The assembly 10 shown in FIG. 1A is made up at surface, and run to drill a wellbore 17, in a fashion apparent to the skilled person. During such drilling operations, the drill bit 16 occasionally becomes “stuck”, such that further rotation and therefore deepening of the wellbore 17, is not possible. Furthermore, this jamming of the drill bit 16 causes the entire drilling assembly 10 to become stuck. When this situation occurs, the locking balls 42 are pumped down the drill tubing 14 from the surface, as described above, and are located in the space 44, thereby locking the drive shaft 26 against further rotation within and with respect to the body 36 of the turbine 20. This allows the releasable joint 24 to be “backed off”, by applying a release torque through the drill tubing 14 and the motor body 36. This is achieved by rotating the assembly 10 in an anti-clockwise direction, when viewing in the direction of the arrow A in FIG. 1A, transmitting a release force to the releasable joint 24. As the releasable joint 24 of the assembly 10 releases at a release torque which is lower than the torque required to make-up the assembly, the drill bit 16 is released by a separation of the pin 28 from the box 30, allowing the remainder of the drilling assembly 10 to be recovered to surface. It is this provision of a joint which releases at a lower release torque which ensures that the assembly is released at a desired location, that is, at a location between the drill bit 16 and the drive shaft 26. This is advantageous in that it both allows the drilling assembly to be retrieved without having to abandon it in the wellbore, and furthermore allows the drill bit 16 to be recovered in a “fishing” operation (known in the art), such that the wellbore does not need to be sidetracked around the stuck drill bit 16.
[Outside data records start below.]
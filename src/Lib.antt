-- ===== src/Lib.antt =====
-- Verification of the event server: src/eventserver turns what providers observe, and what external
-- publishers send, into events, and each event into one delivery per subscriber; messaging adapters
-- claim the deliveries under a lease and acknowledge or fail them.
--
-- The parts, and the files that model them (paths from the repository's root):
--   src/eventserver/db/models.py, core/models.py    Models, over Json for JSON values
--   src/eventserver/deliveries/outbox.py            Outbox: claim, ack, fail; `_leased` is
--                                                   find_leased, `_clear_lease` clear_lease
--   src/eventserver/services/users.py, common.py    Users: set_permissions, change_role
--   src/eventserver/core/schema_validation.py       Schema: validate is `_validate`
--   src/eventserver/core/match_keys.py              MatchKeys
--   src/eventserver/core/publication.py             Publication: publish in the order of its parts,
--                                                   publish_checked, insert_occurrence, notify
--   src/eventserver/services/subscriptions.py       Subscriptions
--   src/eventserver/scheduler/leases.py             Leases
--   src/eventserver/core/registry.py, provider.py   Registry
--   src/eventserver/core/processing.py              Processing
--   src/eventserver/providers/warframe/*.py         Warframe: WorldState with Times is the adapter,
--                                                   Client the attempts of a request, Runner the
--                                                   polling batch, with the registry of
--                                                   providers/__init__.py
--   src/eventserver/services/pairing.py             Pairing
--   src/eventserver/services/bootstrap_admin.py     FirstAdmin
--   src/eventserver/api/*.py, db/session.py         Api: one module of handlers per router; handle is
--                                                   the commit, or the rollback on an exception
--   src/eventserver/auth/*.py                       Auth
--   src/eventserver/bootstrap.py                    Bootstrap
--   src/eventserver/catalog_admin.py, publisher_admin.py   Administration: register_entry, upsert
--   publishers/scheduled-reminder/src/scheduled_reminder/*.py
--                                                   ScheduledReminder: Config, Scheduling, and the
--                                                   cycles of main.py in Publisher
--   publishers/demo-reminder/src/demo_reminder/*.py DemoReminder: Service is service.py, Messages
--                                                   messages.py and the payload of client.py
--   src/eventserver/db/transactions.py              Transactions: run_with_deadlock_retry
-- Base holds what they share: lists, tables with a primary key, and the actions. An action on a
-- database session takes the state and returns a result, with the exception's class as an error,
-- and the state; what was written before an exception stays written, as in a session before its
-- rollback. The outbox acts on the table of deliveries alone, the rest on the whole Database.
-- Tests has runs on concrete inputs.
--
-- Publication is called by Processing for the events of a provider; it calls Schema for the payload,
-- MatchKeys for the recipients, and makes the deliveries that the outbox hands out. Pairing calls
-- Users; Subscriptions and FirstAdmin read the users' permissions through Users.
--
-- Times are natural numbers of microseconds since datetime.min, UTC; Python's integers have no bound,
-- nor have the numbers here. Loops run over a list, a text, a JSON value or a number of attempts; the
-- loop of `_interval_due` has fuel for every index up to the first candidate after the end of its
-- range, and the digits of a number as much as the number.
--
-- Parameters stand for what is no code of the repository: digests (sha256), fresh tokens and
-- identifiers, the clock, regular expressions, `str` of a JSON value, canonical JSON text, the text
-- forms of datetimes, Python's functions on texts, and the rows that other transactions lock or
-- insert. Foreign keys, column lengths, the validators of the request models, the JSON of responses
-- and the command lines are not modelled, nor are the HTTP requests of the publishers, the HTTP server
-- of the demo reminder, the settings read from the environment and the migrations.
pub mod Administration
pub mod Api
pub mod Auth
pub mod Base
pub mod Bootstrap
pub mod DemoReminder
pub mod FirstAdmin
pub mod Json
pub mod Leases
pub mod MatchKeys
pub mod Models
pub mod Outbox
pub mod Pairing
pub mod Processing
pub mod Publication
pub mod Registry
pub mod ScheduledReminder
pub mod Schema
pub mod Subscriptions
pub mod Tests
pub mod Transactions
pub mod Users
pub mod Warframe
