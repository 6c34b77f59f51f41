-- ===== src/Base/Equality.antt =====
-- Python's `==` and `in` on keys, for every type whose equality can be decided.
use Prim.Native.Nat.{ℕ}
use Prim.Native.String.{String}
use mathlib.Core.Path.{ap, ◌≡◌}
use mathlib.Core.Logic.{◌≢◌, dite}
use mathlib.Core.Bool.{Bool, true, false, ◌||◌, Bool-discrete}
use mathlib.Core.List.{List, [], ◌∷◌}
use native.Mathlib.Omega.{arith}
use native.Mathlib.Decide.{ℕ_discrete}
use text.Mathlib.Text
use text.Mathlib.TextEquality.{eq_iff}

pub record Eq {ℓ} (A : Type ℓ) : Type ℓ where
  pub dec : Discrete A

-- `elim` on the decision: a split yields the equation or its negation.
module _ {ℓ} {A : Type ℓ} ⦃e : Eq A⦄ where
  infix 50 ◌==◌
  abbrev pub ◌==◌ : A → A → Bool
  a == b = elim (e.dec a b) [ yes p ↦ true | no n ↦ false ]

  abbrev pub contains : List A → A → Bool
  contains [] a = false
  contains (x ∷ xs) a = x == a || contains xs a

  pub distinct : (a b : A) → (a == b) ≡ false → a ≢ b
  distinct a b h p = ground (arith, p)

-- Shut in proofs: a split on `s == t` yields the equation or its negation.
unfoldable pub string_discrete : Discrete String
string_discrete s t =
    dite (Bool-discrete (Text.◌==◌ s t) true) (λ same. yes ((eq_iff s t).0 same))
      (λ differ. no (λ p. differ ((eq_iff s t).1 p)))

instance abbrev pub string_eq : Eq String
string_eq = record { dec = string_discrete }

instance abbrev pub nat_eq : Eq ℕ
nat_eq = record { dec = ℕ_discrete }

module _ {ℓ κ} {A : Type ℓ} {B : Type κ} where
  unfoldable pub pair_discrete : Discrete A → Discrete B → Discrete (A × B)
  pair_discrete da db (a, b) (c, d) =
      dite (da a c)
        (λ p.
          dite (db b d) (λ q. yes (λ i. (p i, q i))) (λ n. no (λ r. n (ap (λ (x : A × B). x.1) r))))
        (λ n. no (λ r. n (ap (λ (x : A × B). x.0) r)))

-- Composite primary keys.
instance unfoldable pub pair_eq {ℓ κ} : {A : Type ℓ} {B : Type κ} ⦃e : Eq A⦄ ⦃f : Eq B⦄ → Eq (A × B)
unfolding pair_discrete
pair_eq ⦃e⦄ ⦃f⦄ = record { dec = pair_discrete e.dec f.dec }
Turning now to FIG. 3A, there is shown a longitudinal, partial cross-sectional view of a downhole drilling assembly in accordance with an alternative embodiment of the present invention, indicated generally by reference numeral 100. The drilling assembly 100 is substantially the same as the assembly 10 of FIG. 1A, and like components share the same reference numerals incremented by 100. In fact, the difference between the assemblies 10 and 100 is that the assembly 100 includes an alternative releasable joint 124. The joint 124 couples the drill bit 116 to the drive shaft 126 of turbine 120, and is shown in more detail in FIG. 3B, which is an enlarged view of the joint 124 of FIG. 3A. The joint 124 includes a crossover 54 and, instead of providing the turbine shaft with a pin-down connection, as in the assembly 10, the crossover includes a cylindrical threaded pin 128 which engages a box 130 formed in a lower end of the drive shaft 126 and which together form the releasable joint. Furthermore, the crossover 54 includes a tapered threaded pin 56 which engages a box 58 of bit 116, to form a standard tapered threaded pin and box connection between the bit 116 and the crossover 54. The particular advantage of this arrangement is that this allows drill bits (such as the bit 116) of a standard type to be employed, with a standard box connection 58, through the provision of the crossover 54. Of course, when the joint 124 is released in a fashion similar to that described above (by releasing the pin 128 from the box 130), both the bit 116 and the crossover 54 would be left in the wellbore, until such time as a fishing operation may be conducted to retrieve the bit and crossover.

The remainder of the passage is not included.